Intervention de Karima Delli

Réunion du 18 mai 2016 à 14h15
Commission des affaires européennes

Karima Delli, membre de la commission de l'emploi et des affaires sociales du Parlement européen :

Le débat est complexe, il nous faudrait passer une semaine ensemble pour en venir à bout, mais un consensus semble se former sur certains points.

Ainsi, beaucoup s'interrogent : pourquoi ne pas réduire cette durée de deux ans ? Nous pourrions proposer de retenir plutôt une durée de douze mois.

De même, il faut renforcer les contrôles, tout le monde est d'accord, mais comment ? Là-dessus, personne n'est d'accord ! Ce n'est pas de la compétence de la Commission européenne, mais chaque État membre jouerait-il le jeu des contrôles alors que c'est aussi son économie nationale qui est en jeu ? J'avais avancé l'idée d'un corps européen d'inspecteurs. Le débat mériterait d'être rouvert. Et pourquoi ne pas confier la tâche aux douaniers, puisque les transports sont particulièrement concernés ?

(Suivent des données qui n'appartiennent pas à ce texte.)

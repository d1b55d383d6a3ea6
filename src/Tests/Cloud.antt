-- ===== src/Tests/Cloud.antt =====
-- Runs of the theorems on the fake connector and on the client.
use text.Mathlib.TextLemmas.{append_cancel_left}
use cloudstack_csi_driver.Cloud.Fake.Reachable.{IsSupply}
use cloudstack_csi_driver.Prelude.{codes, sym, ap, ◌∙◌, List}
use cloudstack_csi_driver.Prelude.Strconv.{itoa_inj, codes-append, itoa}
use cloudstack_csi_driver.Cloud.Fake.Reach.{
  Operation, create, copy, expand, delete, apply_all, apply_all-Agrees,
}
use cloudstack_csi_driver.Prelude.Strings.{starts_with, split_after, split, lines, lowers_to}
use cloudstack_csi_driver.Cloud.Metadata.{
  from_cloud_init, from_ignition, read_cloud_init, read_ignition, scan,
}
use cloudstack_csi_driver.Prelude.{
  ◌≡◌, ◌≢◌, [], ◌∷◌, refl, arith, string_dec, true, some, ◌↔◌, String,
}
use cloudstack_csi_driver.Prelude.Int.{pos}
use cloudstack_csi_driver.Prelude.Strconv.{itoa}
use cloudstack_csi_driver.Prelude.Prog.{ok}
use cloudstack_csi_driver.Cloud.{Snapshot}
use cloudstack_csi_driver.Cloud.Fake.{new, first_volume}
use cloudstack_csi_driver.Cloud.Fake.Laws.{Agrees}
use cloudstack_csi_driver.Cloud.Metadata.{
  Machine, metadata_instance_id, from_cloud_init, from_ignition, read_cloud_init, read_ignition,
  scan,
}
use cloudstack_csi_driver.Cloud.Metadata.Laws.{Finds, metadata_instance_id_iff}
use cloudstack_csi_driver.Cloud.Client.Sdk.{Api, ApiSnapshot, ApiVolume}
use cloudstack_csi_driver.Cloud.Client
use cloudstack_csi_driver.Tests.{supply}

pub supply-IsSupply : IsSupply supply
supply-IsSupply = record {
  distinct = λ m n ne e. ne (itoa_inj m n (append_cancel_left "id-" (itoa m) (itoa n) e));
  no_first = λ n e.
      ground (arith, ap (starts_with (b'i' ∷ [])) (sym (codes-append "id-" (itoa n)) ∙ ap codes e));
  no_copy = λ n name e. ground (
    arith,
    ap (starts_with (b'i' ∷ [])) (
        sym (codes-append "id-" (itoa n)) ∙ (ap codes e ∙ codes-append "fake-vol-from-snap-" name)),
  );
}

abbrev operations : List Operation
operations =
    create "gold" "zone" "pvc-1" (pos 2)
    ∷ copy "zone" "pvc-2" "" "snap" (pos 3)
    ∷ expand "id-0" (pos 3)
    ∷ delete first_volume.id
    ∷ []

apply_all-Agrees_example : Agrees (apply_all supply operations new)
apply_all-Agrees_example = apply_all-Agrees supply operations supply-IsSupply

abbrev api_volume : ApiVolume
api_volume = record {
  id = "v";
  name = "pvc-1";
  size = pos 1073741824;
  disk_offering_id = "gold";
  domain_id = "";
  project_id = "";
  zone_id = "zone";
  virtual_machine_id = "";
  device_id = pos 0;
  state = "Ready";
}

abbrev api_snapshot : ApiSnapshot
api_snapshot = record {
  id = "s";
  name = "snap";
  virtual_size = pos 1073741824;
  domain_id = "";
  project_id = "";
  zone_id = "zone";
  volume_id = "v";
  created = "2025-07-07T16:13:06-0700";
}

-- A machine with the files of cloud-init, of another cloud, and of Ignition.
abbrev machine : Machine
machine = record {
  node_id = "";
  stat = λ path. true;
  read_file = λ path. some "{}";
  open_file = λ path. some "COREOS_CLOUDSTACK_INSTANCE_ID=vm-1";
  unmarshal = λ text. some (record { cloud_name = "openstack"; instance_id = "other"; zone = "" });
}

abbrev vm_id : String
vm_id = "vm-1"

metadata_instance_id_iff_example :
    ((metadata_instance_id machine ≡ vm_id) × (vm_id ≢ "")) ↔ Finds machine vm_id
metadata_instance_id_iff_example = metadata_instance_id_iff machine vm_id

-- An API that always answers with one volume and one snapshot.
abbrev api : Api
api = record {
  State = Unit {0};
  list_volumes = λ p s. ok (record { count = 1; items = api_volume ∷ [] }) s;
  create_volume = λ p s. ok api_volume s;
  delete_volume = λ id s. ok tt s;
  attach_volume = λ id vm s. ok (pos 1) s;
  detach_volume = λ id s. ok tt s;
  get_volume_by_id = λ id s. ok api_volume s;
  resize_volume = λ id size s. ok tt s;
  list_snapshots = λ p s. ok (record { count = 1; items = api_snapshot ∷ [] }) s;
  create_snapshot = λ id name s. ok api_snapshot s;
  delete_snapshot = λ id s. ok tt s;
  list_vms = λ p s. ok (record { count = 0; items = [] }) s;
  list_available_zones = λ s. ok ("zone" ∷ []) s;
  machine = machine;
}

abbrev found_snapshot : Snapshot
found_snapshot = Client.snapshot_of api_snapshot (pos 0) ""

found : Client.get_snapshot_by_id api "project" "s" tt ≡ ok found_snapshot tt
unfolding Client.get_snapshot_by_id Client.single
found = refl

found_on_machine : metadata_instance_id machine ≡ "vm-1"
unfolding metadata_instance_id from_cloud_init from_ignition read_cloud_init read_ignition scan
    split_after split lines lowers_to string_dec
found_on_machine = refl
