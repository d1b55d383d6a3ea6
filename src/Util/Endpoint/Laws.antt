-- ===== src/Util/Endpoint/Laws.antt =====
-- What an endpoint is parsed to.
use text.Mathlib.TextLemmas.{cons-append}
use cloudstack_csi_driver.Prelude.{
  String, Bool, List, [], ◌∷◌, ◌⊎◌, inl, inr, ◌≡◌, true, false, arith, Option-cases, Bool-cases,
  ◌<>◌, ap, string_dec,
}
use cloudstack_csi_driver.Prelude.Paths.{rendered, join, is_rooted, clean, join_slash}
use cloudstack_csi_driver.Prelude.Strings.{lowers_to}
use cloudstack_csi_driver.Prelude.Prog.{ok, err, Outcome-cases}
use cloudstack_csi_driver.Util.Endpoint.{Host, parse_endpoint, unix_endpoint, address}

rooted_slash : (s : String) → is_rooted ("/" <> s) ≡ true
rooted_slash s = ap is_rooted (cons-append _ String.[] s)

rendered-rooted : (b : Bool) (xs : List String) → b ≡ true → is_rooted (rendered b xs) ≡ true
unfolding rendered
rendered-rooted true xs e = rooted_slash (join_slash xs)
rendered-rooted false xs e = absurd cc

clean-rooted : (p : String) → is_rooted (clean ("/" <> p)) ≡ true
unfolding clean
clean-rooted p = rendered-rooted _ _ (rooted_slash p)

-- A path is rooted if the first element is the slash.
join-rooted : (s : String) → is_rooted (join ("/" ∷ s ∷ [])) ≡ true
unfolding join string_dec
join-rooted s = clean-rooted ("/" <> s)

module _ (H : Host) where
  -- A scheme and an address, and what was done to the files.
  pub data IsEndpoint (scheme addr : String) (s t : H.State) : Type 0 where
    tcp : scheme ≡ "tcp" → t ≡ s → IsEndpoint scheme addr s t
    unix :
        scheme ≡ "unix"
        → is_rooted addr ≡ true
        → (H.remove addr s ≡ ok tt t)
          ⊎ ((e : H.Error) × (H.remove addr s ≡ err e t) × (H.is_not_exist e ≡ true))
        → IsEndpoint scheme addr s t

  unix_endpoint-IsEndpoint :
      (path scheme addr : String) (s t : H.State)
      → is_rooted path ≡ true
      → unix_endpoint H path s ≡ ok (scheme, addr) t
      → IsEndpoint scheme addr s t
  unfolding unix_endpoint
  unix_endpoint-IsEndpoint path scheme addr s t r h = elim (Outcome-cases (H.remove path s)) [
    | inl (u, v, e) ↦ unix (ground arith) (ground arith) (inl (ground arith))
    | inr (x, v, e) ↦ elim (Bool-cases (H.is_not_exist x)) [
      | inl missing ↦ unix (ground arith) (ground arith) (inr (x, ground arith, missing))
      | inr other ↦ absurd (ground arith)
    ]
  ]

  -- Where parsing returns, it has done nothing for tcp; for unix it has removed the file of the
  -- address, which is absolute, or found that there is none; and there is no third scheme.
  pub parse_endpoint-IsEndpoint :
      (endpoint scheme addr : String) (s t : H.State)
      → parse_endpoint H endpoint s ≡ ok (scheme, addr) t
      → IsEndpoint scheme addr s t
  unfolding parse_endpoint
  parse_endpoint-IsEndpoint endpoint scheme addr s t h =
      elim (Option-cases (H.parse_url endpoint)) [
        | inl broken ↦ absurd (ground arith)
        | inr (u, e) ↦ elim (Bool-cases (lowers_to u.scheme "tcp")) [
          | inl is_tcp ↦ tcp (ground arith) (ground arith)
          | inr other ↦ elim (Bool-cases (lowers_to u.scheme "unix")) [
            | inl is_unix ↦
                unix_endpoint-IsEndpoint (join ("/" ∷ address H u ∷ [])) scheme addr s t
                  (join-rooted (address H u)) (ground arith)
            | inr third ↦ absurd (ground arith)
          ]
        ]
      ]
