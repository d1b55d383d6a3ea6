-- ===== src/Tests/Cmd.antt =====
-- Runs of the theorems on the programs and on the endpoint.
use cloudstack_csi_driver.Prelude.{
  ℕ, suc, String, true, false, some, List, [], ◌∷◌, ◌≡◌, refl, string_dec,
}
use cloudstack_csi_driver.Prelude.Prog.{ok}
use cloudstack_csi_driver.Prelude.Paths.{join, rendered}
use cloudstack_csi_driver.Prelude.Strings.{lowers_to, split}
use cloudstack_csi_driver.Util.Endpoint.{Host, parse_endpoint, unix_endpoint}
use cloudstack_csi_driver.Util.Endpoint.Laws.{IsEndpoint, parse_endpoint-IsEndpoint}
use cloudstack_csi_driver.Cloud.Config.{CsConfig}
use cloudstack_csi_driver.Driver.Options.{default_csi_endpoint}
use cloudstack_csi_driver.Driver.Service
use cloudstack_csi_driver.Driver.Service.{Grpc, services}
use cloudstack_csi_driver.Cmd.CsiDriver.{Process, parsed, serve}

-- The state counts the files that were removed.
abbrev host : Host
host = record {
  State = ℕ;
  Error = Unit {0};
  is_not_exist = λ e. true;
  remove = λ path s. ok tt (suc s);
  parse_url = λ text. some (record { scheme = "unix"; host = "tmp"; path = "/csi.sock" });
}

default_endpoint : parse_endpoint host default_csi_endpoint 0 ≡ ok ("unix", "/tmp/csi.sock") 1
unfolding parse_endpoint unix_endpoint join rendered lowers_to string_dec split
default_endpoint = refl

parse_endpoint-IsEndpoint_example : IsEndpoint host "unix" "/tmp/csi.sock" 0 1
parse_endpoint-IsEndpoint_example =
    parse_endpoint-IsEndpoint host default_csi_endpoint "unix" "/tmp/csi.sock" 0 1 default_endpoint

abbrev section : CsConfig
section = record {
  api_url = "https://cloud/client/api";
  api_key = "k";
  secret_key = "s";
  ssl_no_verify = false;
  project_id = "";
  zone = "";
}

-- A process whose flags are not given.
abbrev process : Process
process = record {
  host = host;
  grpc = record { listen = λ scheme addr s. ok tt s; serve = λ services s. ok tt s };
  parse = λ d args. parsed false d.0;
  logging_is_valid = true;
  build = record {
    driver_version = "v3";
    git_commit = "";
    build_date = "";
    go_version = "go1.23";
    compiler = "gc";
    goos = "linux";
    goarch = "amd64";
  };
  marshal_indent = λ info. some info.platform;
  read_file_into = λ path. some section;
}

abbrev arguments : List String
arguments = "node" ∷ []
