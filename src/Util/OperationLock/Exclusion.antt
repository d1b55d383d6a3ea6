-- ===== src/Util/OperationLock/Exclusion.antt =====
-- Any sequence of calls on an OperationLock, in the order in which the mutex admits them.
use cloudstack_csi_driver.Prelude.{
  ℕ, ◌+◌, ◌^◌, ◌<◌, String, false, ◌&&◌, List, [], ◌∷◌, ◌≡◌, arith, length, subst, ◌⊎◌, string_dec,
  ite,
}
use mathlib.Core.Logic.{if_pos, if_neg}
use cloudstack_csi_driver.Prelude.Maps.{lookup}
use cloudstack_csi_driver.Prelude.Prog.{final}
use cloudstack_csi_driver.Util.OperationLock.{
  Operation, create_op, delete_op, clone_opt, restore_op, expand_op, other_op, OperationLock,
  new_operation_lock, held, try_acquire, release,
}
use cloudstack_csi_driver.Util.OperationLock.Counters.{
  Counts, no_operation, Represents, Within, admitted, finished, held-Holds, try_acquire-Represents,
  release-Represents, try_acquire_other, release_other, admitted-Within, finished-Within,
}

pub data Call : Type 0 where
  acquires releases : Operation → String → Call

-- A refused call leaves the lock as it was.
unfoldable pub step : Call → OperationLock → OperationLock
step (acquires op id) l = final (try_acquire op id l)
step (releases op id) l = release op id l

-- The calls, the first one first.
unfoldable pub run : List Call → OperationLock → OperationLock
run [] l = l
run (c ∷ cs) l = run cs (step c l)

-- The counters of one volume under the calls: calls for other volumes do not touch them.
unfoldable pub step_counts : String → Call → Counts → Counts
step_counts j (acquires op id) c = ite (string_dec j id) (admitted op c) c
step_counts j (releases op id) c = ite (string_dec j id) (finished op c) c

unfoldable pub run_counts : String → List Call → Counts → Counts
run_counts j [] c = c
run_counts j (x ∷ xs) c = run_counts j xs (step_counts j x c)

step-Represents :
    (j : String) (x : Call) (l : OperationLock) (c : Counts) (n : ℕ)
    → n + 1 < 2 ^ 63
    → Within n c
    → Represents l j c
    → Represents (step x l) j (step_counts j x c) × Within (n + 1) (step_counts j x c)
unfolding step step_counts
step-Represents j (acquires op id) l c n small w r = elim (string_dec j id) [
  | yes e ↦ rw (if_pos _ e) (
    rw e (try_acquire-Represents l id c n small w (subst (λ k. Represents l k c) e r) op),
    admitted-Within op c n w,
  )
  | no ne ↦ rw (if_neg _ ne) (try_acquire_other l id j c ne r op, omega arith)
]
step-Represents j (releases op id) l c n small w r = elim (string_dec j id) [
  | yes e ↦ rw (if_pos _ e) (
    rw e (release-Represents l id c n small w (subst (λ k. Represents l k c) e r) op),
    finished-Within op c n w,
  )
  | no ne ↦ rw (if_neg _ ne) (release_other l id j c ne r op, omega arith)
]

run-Represents_from :
    (j : String) (xs : List Call) (l : OperationLock) (c : Counts) (n : ℕ)
    → n + length xs < 2 ^ 63
    → Within n c
    → Represents l j c
    → Represents (run xs l) j (run_counts j xs c)
unfolding run run_counts
run-Represents_from j [] l c n small w r = r
run-Represents_from j (x ∷ xs) l c n small w r =
    let next = step-Represents j x l c n (omega arith) w r in
    run-Represents_from j xs (step x l) (step_counts j x c) (n + 1) (omega arith) next.1 next.0

-- After fewer than 2^63 calls on a new lock, for any volume, the five maps hold exactly the
-- counters of that volume, which only the calls for that volume change.
pub run-Represents :
    (j : String) (xs : List Call)
    → length xs < 2 ^ 63
    → Represents (run xs new_operation_lock) j (run_counts j xs no_operation)
unfolding new_operation_lock lookup
run-Represents j xs h =
    run-Represents_from j xs new_operation_lock no_operation 0 (omega arith) (omega arith)
      (ground arith)

-- The pairs of operations that the counters keep apart.
pub record Excludes (c : Counts) : Type 0 where
  pub expand_delete : (c.expand ≡ 0) ⊎ (c.delete ≡ 0)
  pub expand_clone : (c.expand ≡ 0) ⊎ (c.clone ≡ 0)
  pub restore_delete : (c.restore ≡ 0) ⊎ (c.delete ≡ 0)

admitted-Excludes : (op : Operation) (c : Counts) → Excludes c → Excludes (admitted op c)
unfolding admitted
admitted-Excludes create_op c x = ground arith
admitted-Excludes clone_opt c x = ground arith
admitted-Excludes delete_op c x = ground arith
admitted-Excludes restore_op c x = ground arith
admitted-Excludes expand_op c x = ground arith
admitted-Excludes (other_op name) c x = x

finished-Excludes : (op : Operation) (c : Counts) → Excludes c → Excludes (finished op c)
unfolding finished
finished-Excludes create_op c x = ground arith
finished-Excludes delete_op c x = ground arith
finished-Excludes clone_opt c x = ground arith
finished-Excludes restore_op c x = ground arith
finished-Excludes expand_op c x = ground arith
finished-Excludes (other_op name) c x = x

run_counts-Excludes :
    (j : String) (xs : List Call) (c : Counts) → Excludes c → Excludes (run_counts j xs c)
unfolding run_counts step_counts
run_counts-Excludes j [] c x = x
run_counts-Excludes j (acquires op id ∷ xs) c x =
    run_counts-Excludes j xs _ (ground (arith, admitted-Excludes op c x))
run_counts-Excludes j (releases op id ∷ xs) c x =
    run_counts-Excludes j xs _ (ground (arith, finished-Excludes op c x))

-- After fewer than 2^63 calls on a new lock, no volume is held for expansion and for deletion, none
-- for expansion and for cloning, and none for restoration and for deletion.
pub run_exclusive :
    (j : String) (xs : List Call)
    → length xs < 2 ^ 63
    → let l = run xs new_operation_lock in
      ((held l.expands j && held l.deletes j) ≡ false)
      × ((held l.expands j && held l.clones j) ≡ false)
      × ((held l.restores j && held l.deletes j) ≡ false)
run_exclusive j xs h =
    let l = run xs new_operation_lock in
    let c = run_counts j xs no_operation in
    let r = run-Represents j xs h in
    let x = run_counts-Excludes j xs no_operation (omega arith) in
    ground (
      arith,
      x,
      held-Holds l.expands j c.expand r.expand_holds,
      held-Holds l.deletes j c.delete r.delete_holds,
      held-Holds l.clones j c.clone r.clone_holds,
      held-Holds l.restores j c.restore r.restore_holds,
    )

Tout le monde est d'accord pour dire qu'il faut renforcer la sécurité des travailleurs, mais alors, chers collègues, allons vraiment de l'avant ! C'est cela, le projet européen.

Les pays qui brandissent ce fameux « carton jaune » songent tous au problème du salaire minimum. Je veux y revenir. Nous sommes tous conscients de la diversité des situations économiques, et l'instauration d'un salaire minimum unique dans l'Union européenne n'est pas pour demain. Il n'y a d'ailleurs pas de salaire minimum unique dans tous les pays. Quant au risque que la Commission européenne impose un salaire minimum européen… Mes chers collègues, la Commission européenne n'a nullement ce pouvoir, arrêtez donc de croire que certaines instances européennes ont des pouvoirs que les traités ne leur confèrent pas !

Cela étant, si nous sommes tous attachés, dans cette salle, au projet européen, nous devons réfléchir à une harmonisation au sein de l'Union européenne. Cela implique de plaider pour des minima sociaux. C'est à cela qu'il faut travailler. Nous voulons tous une convergence vers les plus hauts standards sociaux pour mettre fin au dumping social et garantir au travailleur une vie décente. Mais qu'appelle-t-on une vie décente au travail ? Regardez les routiers, quelle que soit leur nationalité. Ils vivent dans leur camion, ils y dorment, ils y mangent, qu'il fasse chaud ou froid. Est-ce cela, une vie décente au travail ? Et ne parlons pas de leurs conditions de logement… Nous devons définir des critères qui protègent la santé mais aussi la sécurité de ces travailleurs. Sinon, qui sera responsable en cas de problème ?

M. Juncker l'a dit : c'est la Commission de la dernière chance. Je fais partie de cette génération qui ne laissera pas tomber le projet européen. Le dumping social, c'est le poison de l'Europe. Si nous ne sommes pas capables de tenir, tous ensemble, d'affirmer franchement que plus rien ne se fera sans l'Europe, seul échelon pertinent pour régler les crises, quelles qu'elles soient, si nous ne sommes pas capables de défendre une harmonisation sociale, une Europe sociale, alors même que c'est ce que les citoyens veulent, alors, dans quelques années, ce sera la fin du projet européen. Pour ma génération, ce sera vraiment destructeur.

Nous ne pouvons pas nous permettre de ne pas avoir une Europe forte, une Europe sociale. En même temps, nous faisons l'Europe politique. Sans compromis, nous entendrons crier toujours plus fort les eurosceptiques et l'extrême-droite, et ce sera la mort du projet européen. Moi, je ne laisserai pas faire.